U.S. Transportation Secretary Anthony Foxx today announced that a new report on the state of America's transportation infrastructure, 2013 Status of the Nation's Highways, Bridges and Transit: Conditions and Performance, confirms that more investment is needed to maintain and improve the nation's highway and transit systems. Secretary Foxx has highlighted the need for transportation investment in a series of speeches that take aim at America's infrastructure deficit and identify ways to use innovation and improved planning to stretch transportation dollars as effectively and efficiently as possible.
"We have an infrastructure deficit in this country, and we need to create more jobs -- improving our roads, bridges, and transit systems will provide help on both fronts," Secretary Foxx said. "As the President said in his State of the Union address last month, first-class infrastructure creates first-class jobs. This report shows the difference we made thanks to the Administration's unprecedented investment under the Recovery Act, but it's also clear that much more remains to be done."
The Department of Transportation's Conditions and Performance report, based on 2010 data, estimates all levels of government would need to spend between $123.7 billion and $145.9 billion per year to both maintain and improve the condition of roads and bridges alone. In 2010, federal, State and local governments combined spent $100.2 billion on this infrastructure, including $11.9 billion in American Recovery and Reinvestment Act dollars.

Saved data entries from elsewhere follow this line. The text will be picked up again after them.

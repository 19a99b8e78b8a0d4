-- ===== src/Processor/Logged/Verdict.antt =====
-- crates/blackbox-server/src/main.rs: what the verdict on a book does to the counters of the symbol,
-- its proof of integrity and the incidents.
use k_blackbox.Base.{
  ℕ, ◌+◌, ◌≡◌, refl, ap, ◌∙◌, List, [], ◌∷◌, ◌++◌, length, length-append, Bool, true, false,
  Bool-cases, inl, inr, some, String, if◌then◌else◌, arith,
}
use k_blackbox.Decimal.{Decimal}
use k_blackbox.Words.{Float, inc_u64}
use k_blackbox.DashMap.{get, insert, get_or, get_or-insert_self, get-insert_self}
use k_blackbox.Types.{InstrumentInfo}
use k_blackbox.Orderbook.{Orderbook}
use k_blackbox.Health
use k_blackbox.Health.{SymbolHealth, record_message, record_checksum_ok, record_checksum_fail}
use k_blackbox.Checksum.{verify_checksum}
use k_blackbox.Integrity.Proof.{IntegrityProof, is_match}
use k_blackbox.Integrity.Proof
use k_blackbox.Integrity.Helper.{update_integrity_proof, update_integrity_proof_lem}
use k_blackbox.State.{
  AppState, checksum_mismatch, push_event, can_resync, record_resync, get_or_create_frame_buffer,
  set_last_incident,
}
use k_blackbox.Incident.{record_incident}
use k_blackbox.Processor.Defs.{Clock, judge_health}
use k_blackbox.Processor.Capture.{
  Tools, LogClock, LoggedState, note_resync, capture, judge, verify_book,
}

-- The counters after one more verdict.
abbrev pub counted : Bool → ℕ × ℕ × ℕ → ℕ × ℕ × ℕ
counted true (ok, fail, run) = (inc_u64 ok, fail, 0)
counted false (ok, fail, run) = (ok, inc_u64 fail, inc_u64 run)

module _ {D F : Type 0} (f : Float F) (symbol : String) where
  -- The symbol's counters: verified, failed, and failed in a row.
  abbrev pub counts : AppState D F → ℕ × ℕ × ℕ
  counts s =
      let h = get_or (Health.new f symbol) symbol s.health in
      (h.checksum_ok, h.checksum_fail, h.consecutive_fails)

module _ {D F : Type 0} (f : Float F) (symbol : String) where
  judge_health-counts :
      (clock : Clock) (ok : Bool) (s : AppState D F)
      → counts f symbol (judge_health f clock ok symbol s) ≡ counted ok (counts f symbol s)
  unfolding judge_health record_message record_checksum_ok record_checksum_fail
  judge_health-counts clock true s = rw get_or-insert_self refl
  judge_health-counts clock false s = rw get_or-insert_self refl

  note_resync-counts :
      (clock : LogClock) (s : AppState D F)
      → counts f symbol (note_resync f clock symbol s) ≡ counts f symbol s
  unfolding note_resync push_event record_resync
  note_resync-counts clock s = elim (Bool-cases (can_resync clock.resync_asked symbol s)) [
    | inl e ↦ rw e (rw get_or-insert_self refl)
    | inr e ↦ rw e refl
  ]

  note_resync-proofs :
      (clock : LogClock) (s : AppState D F)
      → (note_resync f clock symbol s).integrity_proofs ≡ s.integrity_proofs
  unfolding note_resync push_event record_resync
  note_resync-proofs clock s = elim (Bool-cases (can_resync clock.resync_asked symbol s)) [
    | inl e ↦ rw e refl
    | inr e ↦ rw e refl
  ]

length-snoc : {A : Type 0} (xs : List A) (x : A) → length (xs ++ x ∷ []) ≡ length xs + 1
length-snoc xs x = omega (arith, length-append xs (x ∷ []))

module _ {D F N : Type 0} ⦃d : Decimal D⦄ (tools : Tools D F N) where
  -- The verdict `ok` is counted, and the incident is recorded if there was a mismatch.
  abbrev pub Judged : String → Bool → LoggedState D F N → LoggedState D F N → Type 0
  Judged symbol ok l l' =
      (counts tools.float symbol l'.state ≡ counted ok (counts tools.float symbol l.state))
      × (length l'.manager.incidents ≡ length l.manager.incidents + (if ok then 0 else 1))

  judge-Judged :
      (clock : LogClock) (symbol : String) (expected : ℕ) (ok : Bool) (proof : IntegrityProof D)
      (l : LoggedState D F N)
      → Judged symbol ok l (judge tools clock symbol expected (ok, proof) l)
        × (get symbol (judge tools clock symbol expected (ok, proof) l).state.integrity_proofs
            ≡ some proof)
  unfolding push_event capture get_or_create_frame_buffer set_last_incident record_incident
      judge_health
  judge-Judged clock symbol expected true proof l =
      let s = record l.state { integrity_proofs = insert symbol proof l.state.integrity_proofs } in
      (
        (judge_health-counts tools.float symbol clock.base true s, omega arith),
        get-insert_self symbol proof l.state.integrity_proofs,
      )
  judge-Judged clock symbol expected false proof l =
      let s = record l.state { integrity_proofs = insert symbol proof l.state.integrity_proofs } in
      let judged =
        push_event clock.verdict_log (checksum_mismatch symbol)
          (judge_health tools.float clock.base false symbol s) in
      (
        (
          note_resync-counts tools.float symbol clock judged
              ∙ judge_health-counts tools.float symbol clock.base false s,
          length-snoc l.manager.incidents _,
        ),
        ap (get symbol) (note_resync-proofs tools.float symbol clock judged)
            ∙ get-insert_self symbol proof l.state.integrity_proofs,
      )

  -- A book with a checksum whose instrument is known is judged by `verify_checksum`. The verdict is
  -- counted in the health of the symbol (a match ends the run of failures), a mismatch adds exactly
  -- one incident and a match none, and the stored proof of the symbol shows the same verdict.
  pub verify_book_verdict :
      (clock : LogClock) (symbol : String) (book : Orderbook D) (expected : ℕ)
      (inst : InstrumentInfo D) (l : LoggedState D F N)
      → get symbol l.state.instruments ≡ some inst
      → let ok =
          verify_checksum tools.hasher book expected inst.price_precision inst.qty_precision in
        let l' = verify_book tools clock symbol book (some expected) l in
        Judged symbol ok l l'
        × (proof : IntegrityProof D) × (get symbol l'.state.integrity_proofs ≡ some proof)
        × (is_match proof ≡ ok)
  verify_book_verdict clock symbol book expected inst l e =
      let old = get_or (Proof.new clock.proof_made) symbol l.state.integrity_proofs in
      let pp = inst.price_precision in
      let qp = inst.qty_precision in
      let (ok, proof) =
        update_integrity_proof tools.hasher clock.readings old book expected pp qp in
      let same = update_integrity_proof_lem tools.hasher clock.readings old book expected pp qp in
      let j = judge-Judged clock symbol expected ok proof l in
      rw e (rw (← same.0) (j.0, proof, j.1, same.1))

The report also indicates that as much as $24.5 billion is needed per year to improve the condition of transit rail and bus systems. In 2010, total spending to maintain and expand transit systems was $16.5 billion -- a spending level also boosted temporarily by Recovery Act dollars.
"The Recovery Act contributed to the improved quality of our highways," Federal Highway Deputy Administrator Greg Nadeau said. "It makes a good case for more investment - every dollar produces results for the American people."
According to the report, travel on pavements with good ride quality rose from 46.4 percent in 2008 to 50.6 percent in 2010. A major factor in this increase was the one-time funding provided under the Recovery Act, a large share of which was directed toward pavement resurfacing. This 4.2 percent increase represents the highest two-year jump ever since the metric was first used in 1995. While the report shows overall pavement and bridge conditions have improved in many areas, the improvements have not been uniform across the system.
The report also finds that the nation's state of good repair and preventive maintenance backlog for transit is at an all-time high of $86 billion, and that it is growing by an estimated $2.5 billion each year. An additional $8.2 billion over current spending levels from all levels of government is needed annually to spend down the current backlog over the next 20 years. While some transit systems are still operating rail cars that are over 30 years old, the report finds that over three-quarters of the need for repairs affects other facets of our transit systems, such as rail stations, trestles, and power substations. Meanwhile, State and local governments are shouldering more than half the cost of annual investments to preserve and grow the nation's transit systems.
"The United States cannot grow and compete in the 21st century without a modern public transportation infrastructure that connects citizens, their communities, and their employers with opportunities to succeed and prosper," said Deputy Federal Transit Administrator Therese McMillan. "Making a down payment on this substantial backlog is critical to not falling farther behind in our commitment to modernize the transportation infrastructure that tens of millions of riders depend on every day."
The investment estimates for roads and bridges are based on ranges, which is new to the 2013 report. The higher ends are based on state-provided forecasts, which were used in past reports -- they average out to annual growth of 1.85 percent per year. The lower ends presume vehicle miles traveled (VMT) will grow at an average annual rate of 1.36 percent per year, which is consistent with the average annual growth in the past 15 years.